10.4097/kjae.2011.60.1.12
- Author:
Jiwon LEE
1
;
Chul Woo JUNG
Author Information
1. Department of Anesthesiology and Pain Medicine, Seoul National University College of Medicine, Seoul, Korea. spss@snuh.org
- Publication Type:Original Article
- Keywords:
Anesthesia;
Desflurane;
Inhalation;
Intravenous;
Remifentanil
- MeSH:
Androstanols;
Anesthesia;
Arterial Pressure;
Cough;
Heart Rate;
Hemodynamics;
Humans;
Inhalation;
Intubation;
Intubation, Intratracheal;
Isoflurane;
Isoxazoles;
Piperidines;
Unconscious (Psychology);
Unconsciousness
- From:Korean Journal of Anesthesiology
2011;60(1):12-18
- CountryRepublic of Korea
- Language:English
-
Abstract:
BACKGROUND: Anesthesia induction with desflurane is troublesome because of the frequent sympathetic hyperactivity during desflurane administration.

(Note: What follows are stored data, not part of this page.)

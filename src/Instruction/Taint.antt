-- ===== src/Instruction/Taint.antt =====
-- A stack pointer that an instruction reads is never lost by the generic emulation.
use drob.Encoder.Operand.{length}
use drob.Encoder.Length.{length-++}
use drob.Prelude.{
  ℕ, suc, ◌<◌, ◌≤◌, sym, subst, ◌∙◌, ◌==◌, ◌≡◌, refl, ap, arith, Bool, true, false, ◌||◌, ◌&&◌, not,
  Option, some, List, [], ◌∷◌, ◌++◌, >>=-eq-some, some-eq,
}
use drob.Value.{tainted_value}
use drob.Value.Laws.{may_be_stack}
use drob.Registers.{Register, RegisterAccessType}
use drob.Memory.{UsrPtrCfg}
use drob.MemProtCache.{MemoryRange, MemCfg}
use drob.Liveness.{Mask}
use drob.Program.{ProgramState}
use drob.Predicate.{will_execute}
use drob.Emulator.{DynamicOperandInfo, ok}
use drob.Instruction.{OpcodeInfo, StaticOperand, OperandInfo, Refine, get_info}
use drob.Instruction.Dynamic.{
  DynamicInstructionInfo, count_input, add_masks, create_dyn_op_info, dyn_operands, gen_dyn_info,
  refine_of, predicate_of, take_operand, new_info,
}
use drob.Instruction.Emulate.{emulate_generic, with_outputs}

-- Some operand is read and may hold a stack pointer.
abbrev pub reads_stack_ptr : List DynamicOperandInfo → Bool
reads_stack_ptr [] = false
reads_stack_ptr (o ∷ ops) = (o.is_input && may_be_stack o.input) || reads_stack_ptr ops

-- All operands that are written have the output tainted.
abbrev pub AllTainted : List DynamicOperandInfo → Type 0
AllTainted [] = Unit
AllTainted (o ∷ ops) = (o.is_output ≡ true → o.output ≡ tainted_value) × AllTainted ops

abbrev counted : DynamicInstructionInfo → Bool
counted d = not (d.num_input_tainted == 0) || not (d.num_input_stack_ptr == 0)

with_outputs-AllTainted :
    (ops : List DynamicOperandInfo) → AllTainted (with_outputs ops tainted_value)
with_outputs-AllTainted [] = tt
with_outputs-AllTainted (o ∷ ops) = (ground arith, with_outputs-AllTainted ops)

reads_stack_ptr-snoc :
    (ops : List DynamicOperandInfo) (o : DynamicOperandInfo)
    → reads_stack_ptr (ops ++ o ∷ [])
      ≡ (reads_stack_ptr ops || (o.is_input && may_be_stack o.input))
reads_stack_ptr-snoc [] o = ground arith
reads_stack_ptr-snoc (p ∷ ops) o = ground (arith, reads_stack_ptr-snoc ops o)

or_mono : (b c d : Bool) → (b ≡ true → c ≡ true) → (b || d) ≡ true → (c || d) ≡ true
or_mono b c d f h = ground arith

-- The counts grow, and count an operand that may hold a stack pointer.
count_input-counted :
    (d : DynamicInstructionInfo) (o : DynamicOperandInfo)
    → d.num_input_tainted < 15
    → d.num_input_stack_ptr < 15
    → (counted d || (o.is_input && may_be_stack o.input)) ≡ true
    → counted (count_input d o) ≡ true
unfolding count_input
count_input-counted d o t s h = ground arith

-- The counts are at most a number of operands.
record AtMost (n : ℕ) (d : DynamicInstructionInfo) : Type 0 where
  tainted : d.num_input_tainted ≤ n
  stack_ptr : d.num_input_stack_ptr ≤ n

count_input-AtMost :
    (n : ℕ) (d : DynamicInstructionInfo) (o : DynamicOperandInfo)
    → AtMost n d
    → AtMost (suc n) (count_input d o)
unfolding count_input
count_input-AtMost n d o a = record {
  tainted = ground (arith, a.tainted);
  stack_ptr = ground (arith, a.stack_ptr);
}

length-snoc {ℓ} : {A : Type ℓ} (xs : List A) (x : A) → length (xs ++ x ∷ []) ≡ suc (length xs)
length-snoc xs x = omega (arith, length-++ xs (x ∷ []))

count_input-operands :
    (d : DynamicInstructionInfo) (o : DynamicOperandInfo) → (count_input d o).operands ≡ d.operands
unfolding count_input
count_input-operands d o = ground arith

module _ (mask_of : Register → RegisterAccessType → Mask) where
  add_masks_counts :
      (d : DynamicInstructionInfo) (o : OperandInfo) (dyn : DynamicOperandInfo)
      → (counted (add_masks mask_of d o dyn) ≡ counted d)
        × ((add_masks mask_of d o dyn).operands ≡ d.operands)
        × ((add_masks mask_of d o dyn).num_input_tainted ≡ d.num_input_tainted)
        × ((add_masks mask_of d o dyn).num_input_stack_ptr ≡ d.num_input_stack_ptr)
  unfolding add_masks
  add_masks_counts d o dyn = (ground arith, ground arith, ground arith, ground arith)

  take_operand-counted :
      (d : DynamicInstructionInfo) (o : OperandInfo) (dyn : DynamicOperandInfo)
      → AtMost 14 d
      → (reads_stack_ptr d.operands ≡ true → counted d ≡ true)
      → reads_stack_ptr (take_operand mask_of d o dyn).operands ≡ true
      → counted (take_operand mask_of d o dyn) ≡ true
  unfolding take_operand
  take_operand-counted d o dyn few inv seen =
      let c = count_input d dyn in
      let m = add_masks_counts c o dyn in
      let seen' =
        rw (m.1, count_input-operands d dyn, reads_stack_ptr-snoc d.operands dyn) at seen in
      rw m.0 (
        count_input-counted d dyn (omega (arith, few.tainted)) (omega (arith, few.stack_ptr))
          (or_mono _ _ _ inv seen'))

  take_operand-AtMost :
      (d : DynamicInstructionInfo) (o : OperandInfo) (dyn : DynamicOperandInfo)
      → AtMost (length d.operands) d
      → AtMost (suc (length d.operands)) (take_operand mask_of d o dyn)
        × (length (take_operand mask_of d o dyn).operands ≡ suc (length d.operands))
  unfolding take_operand
  take_operand-AtMost d o dyn a =
      let c = count_input d dyn in
      let m = add_masks_counts c o dyn in
      let n = count_input-AtMost (length d.operands) d dyn a in
      (
        record {
          tainted = omega (arith, m.2, n.tainted);
          stack_ptr = omega (arith, m.3, n.stack_ptr);
        },
        length-snoc (add_masks mask_of c o dyn).operands dyn
            ∙ ap (λ (q : List DynamicOperandInfo). suc (length q))
                (m.1 ∙ count_input-operands d dyn),
      )

module _ (memory : ℕ → ℕ) (ranges : List MemoryRange) (mems : List MemCfg)
    (usr_ptrs : List UsrPtrCfg) (mask_of : Register → RegisterAccessType → Mask) where
  dyn_operands-length :
      (refine : Option Refine) (ops : List StaticOperand) (infos : List OperandInfo)
      (d : DynamicInstructionInfo) (ps : ProgramState) {r : DynamicInstructionInfo × ProgramState}
      → dyn_operands memory ranges mems usr_ptrs mask_of refine ops infos d ps ≡ some r
      → AtMost (length d.operands) d
      → length d.operands ≤ length r.0.operands
  unfolding dyn_operands
  dyn_operands-length refine ops [] d ps h a =
      rw (← ap (λ (q : DynamicInstructionInfo × ProgramState). q.0) (some-eq h)) (omega arith)
  dyn_operands-length refine ops (o ∷ infos) d ps h a =
      let (q, _, k) =
        >>=-eq-some (create_dyn_op_info memory ranges mems usr_ptrs refine ops o ps) _ h in
      let (b, l) = take_operand-AtMost mask_of d o q.0 a in
      let m =
        dyn_operands-length refine ops infos _ q.1 k
          (subst (λ (n : ℕ). AtMost n (take_operand mask_of d o q.0)) (sym l) b) in
      omega (arith, l, m)

  -- What is read is counted.
  dyn_operands-counted :
      (refine : Option Refine) (ops : List StaticOperand) (infos : List OperandInfo)
      (d : DynamicInstructionInfo) (ps : ProgramState) {r : DynamicInstructionInfo × ProgramState}
      → dyn_operands memory ranges mems usr_ptrs mask_of refine ops infos d ps ≡ some r
      → AtMost (length d.operands) d
      → length r.0.operands < 16
      → (reads_stack_ptr d.operands ≡ true → counted d ≡ true)
      → reads_stack_ptr r.0.operands ≡ true
      → counted r.0 ≡ true
  unfolding dyn_operands
  dyn_operands-counted refine ops [] d ps h a few inv =
      rw (← ap (λ (q : DynamicInstructionInfo × ProgramState). q.0) (some-eq h)) inv
  dyn_operands-counted refine ops (o ∷ infos) d ps h a few inv =
      let (q, _, k) =
        >>=-eq-some (create_dyn_op_info memory ranges mems usr_ptrs refine ops o ps) _ h in
      let (b, l) = take_operand-AtMost mask_of d o q.0 a in
      let b' = subst (λ (n : ℕ). AtMost n (take_operand mask_of d o q.0)) (sym l) b in
      let m = dyn_operands-length refine ops infos _ q.1 k b' in
      let few' : AtMost 14 d = record {
        tainted = omega (arith, a.tainted, l, m, few);
        stack_ptr = omega (arith, a.stack_ptr, l, m, few);
      } in
      dyn_operands-counted refine ops infos _ q.1 k b' few
        (take_operand-counted mask_of d o q.0 few' inv)

  -- If the operands of an instruction are found in a state, there are fewer than 16, as many as the
  -- counters of 4 bits can hold, and one that is read may hold a stack pointer or a piece of one,
  -- then the generic emulation returns the operands with the output of each that is written tainted.
  pub emulate_generic-AllTainted :
      (info : Option OpcodeInfo) (ops : List StaticOperand) (ps : ProgramState)
      {r : DynamicInstructionInfo × ProgramState}
      → gen_dyn_info memory ranges mems usr_ptrs mask_of info ops ps ≡ some r
      → length r.0.operands < 16
      → reads_stack_ptr r.0.operands ≡ true
      → (ops' : List DynamicOperandInfo) × (emulate_generic r.0 ≡ some (ops', ok)) × AllTainted ops'
  unfolding gen_dyn_info emulate_generic
  emulate_generic-AllTainted info ops ps {r} h few seen =
      let (i, _, h1) = >>=-eq-some (get_info mask_of info ops) _ h in
      let (t, _, h2) = >>=-eq-some (will_execute (predicate_of info) ps) _ h1 in
      let c =
        dyn_operands-counted (refine_of info) ops i.operands (new_info t i) ps h2
          (record { tainted = omega arith; stack_ptr = omega arith }) few (λ e. cc e) seen in
      rw c (_, refl, with_outputs-AllTainted r.0.operands)
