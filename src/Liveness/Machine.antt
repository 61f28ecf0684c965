-- ===== src/Liveness/Machine.antt =====
-- A machine that runs the instructions, independent of the analysis: subregisters with values, memory,
-- and where an instruction goes. It models no code.
use drob.Prelude.{ℕ, ◌<◌, ◌≡◌, ◌⊎◌, true, false, Option, none, some, List, [], ◌∷◌}
use drob.Predicate.{TriState, tri_true, tri_false}
use drob.Liveness.{
  Mask, Instruction, ControlFlow, other, call, ret, branch, effects, execution_of, add_mask,
  RegisterEffects, LivenessData, fill_mask, zero_mask, add_known,
}

-- Where an instruction goes: to the next one, to a block, back to the caller, or into unknown code.
pub data Exit : Type 0 where
  goes_on returns leaves : Exit
  to_block : ℕ → Exit

pub record State (V M : Type 0) : Type 0 where
  pub regs : ℕ → V
  pub mem : M

-- Two states that hold the same in the subregisters of a mask, and in memory.
pub record Agree {V M : Type 0} (bits : ℕ) (mask : Mask) (s t : State V M) : Type 0 where
  pub reg : (r : ℕ) → r < bits → mask r ≡ true → s.regs r ≡ t.regs r
  pub mem : s.mem ≡ t.mem

abbrev pub Exec : Type 0 → Type 0 → Type 0
Exec V M = Instruction → State V M → Exit × State V M

-- The subregisters that decide what an instruction does.
abbrev pub inputs : TriState → RegisterEffects → Mask
inputs tri_false e = e.predicate_regs
inputs _ e = add_mask e.read_regs e.predicate_regs

abbrev pub IsExecuted : TriState → Type 0
IsExecuted tri_false = ⊥
IsExecuted _ = Unit

-- The exits that the control flow of an instruction that may be executed has: a return is not
-- conditional.
abbrev pub Allowed : ControlFlow → Exit → Type 0
Allowed other goes_on = Unit
Allowed call goes_on = Unit
Allowed (branch (some dst)) goes_on = Unit
Allowed (branch none) goes_on = Unit
Allowed (branch (some dst)) (to_block b) = b ≡ dst
Allowed (branch none) leaves = Unit
Allowed call leaves = Unit
Allowed ret returns = Unit
Allowed _ _ = ⊥

-- The meaning of the masks, as src/InstructionInfo.hpp and src/OpcodeInfo.hpp document them.
pub record Respects {V M : Type 0} (bits : ℕ) (i : Instruction) (f : State V M → Exit × State V M)
    : Type 0 where
  -- Nothing but the registers that may be written changes.
  pub frame :
      (s : State V M) (r : ℕ)
      → r < bits
      → (effects i).written_regs r ≡ false
      → (effects i).cond_written_regs r ≡ false
      → (f s).1.regs r ≡ s.regs r
  pub frame_mem : (s : State V M) → (effects i).may_write_mem ≡ false → (f s).1.mem ≡ s.mem
  -- The registers that are read decide all effects; a register that is not certainly written may
  -- keep its value.
  pub result :
      (s t : State V M)
      → Agree bits (inputs (execution_of i) (effects i)) s t
      → (r : ℕ) → r < bits
      → (s.regs r ≡ t.regs r) ⊎ ((execution_of i ≡ tri_true) × ((effects i).written_regs r ≡ true))
      → (f s).1.regs r ≡ (f t).1.regs r
  pub result_mem :
      (s t : State V M)
      → Agree bits (inputs (execution_of i) (effects i)) s t
      → (f s).1.mem ≡ (f t).1.mem
  pub exit :
      (s t : State V M) → Agree bits (inputs (execution_of i) (effects i)) s t → (f s).0 ≡ (f t).0
  pub allowed : (s : State V M) → IsExecuted (execution_of i) → Allowed i.flow (f s).0
  pub skipped : (s : State V M) → execution_of i ≡ tri_false → f s ≡ (goes_on, s)

-- The registers that are live where an instruction goes.
abbrev pub live_at : Mask → (ℕ → Option LivenessData) → Mask → Exit → Mask
live_at live_ret blocks live goes_on = live
live_at live_ret blocks live returns = live_ret
live_at live_ret blocks live leaves = fill_mask
live_at live_ret blocks live (to_block b) = add_known zero_mask (blocks b)

-- The instructions of a block, up to the first that does not go on.
abbrev pub continue {ℓ} : {A : Type ℓ} → Exit × A → (A → Exit × A) → Exit × A
continue (goes_on, s) k = k s
continue (returns, s) k = (returns, s)
continue (leaves, s) k = (leaves, s)
continue (to_block b, s) k = (to_block b, s)

unfoldable pub run_block :
    {V M : Type 0} → Exec V M → List Instruction → State V M → Exit × State V M
run_block exec [] s = (goes_on, s)
run_block exec (i ∷ is) s = continue (exec i s) (λ t. run_block exec is t)
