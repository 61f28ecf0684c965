-- ===== src/Liveness/Masks.antt =====
-- The masks of src/RegisterInfo.hpp, bit by bit.
use drob.Prelude.{
  Option, none, some, ◌⊎◌, ℕ, zero, suc, ◌<◌, ◌≡◌, refl, arith, Bool, true, false, not, ◌&&◌, ◌||◌,
  inl, inr, ==_iff, ◌==◌, Bool-cases, subst, sym,
}
use drob.Predicate.{TriState, tri_true, tri_false, tri_unknown}
use drob.Liveness.{
  ControlFlow, other, call, ret, branch, flow_live, add_known, LivenessData, Instruction, effects,
  execution_of, executed_live, transfer, zero_mask,
}
use drob.Liveness.Machine.{
  Exit, goes_on, returns, leaves, to_block, Allowed, IsExecuted, live_at, inputs,
}
use drob.Liveness.{Mask, add_mask, sub_mask, equal_mask, same_bit}

same_bit-eq : (a b : Bool) → same_bit a b ≡ true → a ≡ b
same_bit-eq true b h = cc
same_bit-eq false true h = cc
same_bit-eq false false h = refl

lt_zero : {n : ℕ} → n < 0 → ⊥
lt_zero h = omega arith

pub and_left : (a b : Bool) → a && b ≡ true → a ≡ true
and_left true b h = refl
and_left false b h = h

pub and_right : (a b : Bool) → a && b ≡ true → b ≡ true
and_right true b h = h
and_right false b h = cc

pub equal_mask-bit :
    (bits : ℕ) (a b : Mask) → equal_mask bits a b ≡ true → (r : ℕ) → r < bits → a r ≡ b r
unfolding equal_mask
equal_mask-bit zero a b h r le = elim (lt_zero le) [ ]
equal_mask-bit (suc bits) a b h r le = elim (Bool-cases (r == bits)) [
  | inl e ↦
      subst (λ (n : ℕ). a n ≡ b n) (sym ((==_iff r bits).0 e))
        (same_bit-eq (a bits) (b bits) (and_left (same_bit (a bits) (b bits)) _ h))
  | inr e ↦ equal_mask-bit bits a b (and_right (same_bit (a bits) (b bits)) _ h) r (ground arith)
]

pub or_left : (a b : Bool) → a ≡ true → a || b ≡ true
or_left true b h = refl
or_left false b h = cc

pub or_right : (a b : Bool) → b ≡ true → a || b ≡ true
or_right true b h = refl
or_right false b h = h

pub or_cases : (a b : Bool) → a || b ≡ true → (a ≡ true) ⊎ (b ≡ true)
or_cases true b h = inl refl
or_cases false b h = inr h

-- A bit is still set, or it was taken out.
written_or_kept : (l w r : Bool) → l ≡ true → ((l && not w) || r ≡ true) ⊎ (w ≡ true)
written_or_kept true true r h = inr refl
written_or_kept true false r h = inl refl
written_or_kept false w r h = cc

-- Merging in a block keeps what was live, and adds what the block reads.
known_left : (m : Mask) (o : Option LivenessData) (r : ℕ) → m r ≡ true → add_known m o r ≡ true
known_left m none r h = h
known_left m (some d) r h = or_left (m r) (d.live_in r) h

known_right :
    (m : Mask) (o : Option LivenessData) (r : ℕ)
    → add_known zero_mask o r ≡ true
    → add_known m o r ≡ true
known_right m none r h = cc
known_right m (some d) r h = or_right (m r) (d.live_in r) h

module _ (live_ret : Mask) (blocks : ℕ → Option LivenessData) where
  -- What is live at an exit is live in front of the control flow, or settled by `W`.
  flow-covers :
      {W : Type 0} (flow : ControlFlow) (x : Exit) (base live : Mask) (r : ℕ)
      → Allowed flow x
      → (live r ≡ true → (base r ≡ true) ⊎ W)
      → live_at live_ret blocks live x r ≡ true
      → (flow_live live_ret blocks flow base r ≡ true) ⊎ W
  flow-covers other goes_on base live r a k h = k h
  flow-covers call x base live r a k h = inl refl
  flow-covers ret returns base live r a k h = inl h
  flow-covers (branch none) x base live r a k h = inl refl
  flow-covers (branch (some dst)) goes_on base live r a k h = elim (k h) [
    | inl e ↦ inl (known_left base (blocks dst) r e)
    | inr w ↦ inr w
  ]
  flow-covers (branch (some dst)) (to_block b) base live r a k h =
      inl (known_right base (blocks dst) r (rw a at h))
  flow-covers other returns base live r a k h = elim a [ ]
  flow-covers other leaves base live r a k h = elim a [ ]
  flow-covers other (to_block b) base live r a k h = elim a [ ]
  flow-covers ret goes_on base live r a k h = elim a [ ]
  flow-covers ret leaves base live r a k h = elim a [ ]
  flow-covers ret (to_block b) base live r a k h = elim a [ ]
  flow-covers (branch (some dst)) returns base live r a k h = elim a [ ]
  flow-covers (branch (some dst)) leaves base live r a k h = elim a [ ]

  -- A return reads nothing that is not live behind it.
  flow-reads :
      (flow : ControlFlow) (base : Mask) (r : ℕ)
      → (flow ≡ ret → live_ret r ≡ true)
      → base r ≡ true
      → flow_live live_ret blocks flow base r ≡ true
  flow-reads other base r k h = h
  flow-reads call base r k h = refl
  flow-reads ret base r k h = k refl
  flow-reads (branch none) base r k h = refl
  flow-reads (branch (some dst)) base r k h = known_left base (blocks dst) r h

  -- Of an instruction that is executed, what is live at an exit was live in front, or is written.
  executed-covers :
      (i : Instruction) (will : TriState) (x : Exit) (live : Mask) (r : ℕ)
      → Allowed i.flow x
      → IsExecuted will
      → live_at live_ret blocks live x r ≡ true
      → (executed_live live_ret blocks i will live r ≡ true)
        ⊎ ((will ≡ tri_true) × ((effects i).written_regs r ≡ true))
  executed-covers i tri_true x live r a k h =
      flow-covers i.flow x _ live r a
        (λ l.
          elim (written_or_kept (live r) ((effects i).written_regs r) ((effects i).read_regs r) l) [
            | inl e ↦ inl e
            | inr w ↦ inr (refl, w)
          ])
        h
  executed-covers i tri_unknown x live r a k h =
      flow-covers i.flow x _ live r a (λ l. inl (or_left (live r) ((effects i).read_regs r) l)) h
  executed-covers i tri_false x live r a k h = elim k [ ]

  pub transfer-covers :
      (i : Instruction) (x : Exit) (live : Mask) (r : ℕ)
      → Allowed i.flow x
      → IsExecuted (execution_of i)
      → live_at live_ret blocks live x r ≡ true
      → (transfer live_ret blocks i live r ≡ true)
        ⊎ ((execution_of i ≡ tri_true) × ((effects i).written_regs r ≡ true))
  transfer-covers i x live r a k h = elim (executed-covers i (execution_of i) x live r a k h) [
    | inl e ↦ inl (
        or_left (executed_live live_ret blocks i (execution_of i) live r)
          ((effects i).predicate_regs r) e)
    | inr w ↦ inr w
  ]

  -- All that an instruction reads is live in front of it.
  flow_inputs :
      (i : Instruction) (base : Mask) (r : ℕ)
      → (i.flow ≡ ret → (effects i).read_regs r ≡ true → live_ret r ≡ true)
      → add_mask (effects i).read_regs (effects i).predicate_regs r ≡ true
      → let e = effects i in
        add_mask (flow_live live_ret blocks i.flow (add_mask base e.read_regs)) e.predicate_regs r
        ≡ true
  flow_inputs i base r k h =
      let e = effects i in
      let live = flow_live live_ret blocks i.flow (add_mask base e.read_regs) in
      elim (or_cases (e.read_regs r) (e.predicate_regs r) h) [
        | inl reads ↦ or_left (live r) (e.predicate_regs r) (
            flow-reads i.flow (add_mask base e.read_regs) r (λ is_ret. k is_ret reads)
              (or_right (base r) (e.read_regs r) reads))
        | inr reads ↦ or_right (live r) (e.predicate_regs r) reads
      ]

  pub transfer-reads :
      (i : Instruction) (will : TriState) (live : Mask) (r : ℕ)
      → (i.flow ≡ ret → (effects i).read_regs r ≡ true → live_ret r ≡ true)
      → inputs will (effects i) r ≡ true
      → add_mask (executed_live live_ret blocks i will live) (effects i).predicate_regs r ≡ true
  transfer-reads i tri_true live r k h =
      flow_inputs i (sub_mask live (effects i).written_regs) r k h
  transfer-reads i tri_unknown live r k h = flow_inputs i live r k h
  transfer-reads i tri_false live r k h = or_right (live r) ((effects i).predicate_regs r) h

We thought that a low concentration of desflurane combined with a target-controlled infusion (TCI) of remifentanil would eliminate the desflurane-related complications and provide hemodynamic stability during desflurane induction. An up-and-down study was planned to find the target effect-site concentration of remifentanil to block the hemodynamic response to endotracheal intubation, the highest level of stimulus, during anesthesia induction with administering desflurane at 1 MAC. METHODS: Remifentanil TCI was initiated before desflurane administration. When the preset target was achieved, spontaneous inhalation of desflurane 1 MAC was performed until the patients became unconscious. Laryngoscopic tracheal intubation was facilitated with rocuronium injection. The starting concentration of remifentanil and the test space were 5 and 1 ng/ml, respectively. The criteria for up-and-down was a 20% increase of the mean arterial pressure or heart rate after intubation. The median effective concentration (EC50) of remifentanil was calculated from 6 independent pairs. The complications related with remifentanil and desflurane were assessed during the study. RESULTS: We studied 20 patients using 2-5 ng/ml of the effect-site concentrations of remifentanil. The EC50 of remifentanil was 3.7 ng/ml. Loss of consciousness was achieved at 125 +/- 22 s after desflurane inhalation and this was irrespective of the combined remifentanil concentrations. Any remifentanil-related complication was not observed. Transient cough was seen in one patient who received 2 ng/ml of remifentanil. CONCLUSIONS: We demonstrated that uncomplicated induction with desflurane was possible by the use of target-controlled remifentanil. The EC50 of remifentanil to block the hemodynamic response to tracheal intubation was 3.7 ng/ml during inhalational induction with 1 MAC desflurane.